Business Forum • 31 October, 2025 at 2:58 PM
The tax-to-GDP ratio in Romania remains one of the lowest in the European Union, despite registering an increase in 2024, according to recent data published by Eurostat.
The ratio, which is the sum of taxes and net social contributions as a percentage of GDP, stood at 28.8% in Romania in 2024.
This figure places Romania alongside Ireland (22.4%) and Malta (29.3%) as the countries with the lowest tax burdens in the EU.
The Romanian ratio is significantly below the EU average, which was 40.4% in 2024—an increase from 39.9% in 2023. The euro area saw a similar trend, with its ratio rising from 40.5% in 2023 to 40.9% in 2024.
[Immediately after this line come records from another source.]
-- ===== src/Engine/Start/Reach.antt =====
-- src/engine/receive-engine.ts: where nothing disturbs the awaits, `start` reports the recovery.
use notestr.Prelude.{ℕ, ◌≡◌, true, false}
use notestr.Engine.World.{World}
use notestr.Engine.Steady.{Undisturbed, told_recovered}
use notestr.Engine.Ensures.{Ensures}

-- An early return, which does not come about here.
abbrev Never : World → Type 0
Never w = false ≡ true

-- A session whose awaits nothing disturbs.
abbrev Current : ℕ → World → Type 0
Current gen w = Undisturbed w.schedule × (w.generation ≡ gen)

-- The catch-up was counted so often.
abbrev Counted : ℕ → World → Type 0
Counted n w = w.catch_up_invocation_count ≡ n

abbrev Ready : ℕ → ℕ → World → Type 0
Ready gen n w = Current gen w × Counted n w

abbrev Arrived : ℕ → World → Type 0
Arrived gen w = Current gen w × (told_recovered w.emitted ≡ true)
In absolute terms, overall revenue from taxes and social contributions across the EU increased by €387 billion compared with 2023, reaching €7,281 billion in 2024.
While remaining at the low end of the scale, Romania's tax-to-GDP ratio increased between 2023 and 2024.
The largest increases within the EU were recorded in Malta (rising from 26.7% in 2023 to 29.3% in 2024), Latvia (33.0% to 35.5%), and Slovenia (36.8% to 38.8%). In total, the ratio increased in 22 EU countries in 2024 compared to the previous year, while decreases were observed in only 5 countries.
In contrast, the highest tax-to-GDP ratios in 2024 were recorded in Denmark (45.8%), France (45.3%), and Belgium (45.1%).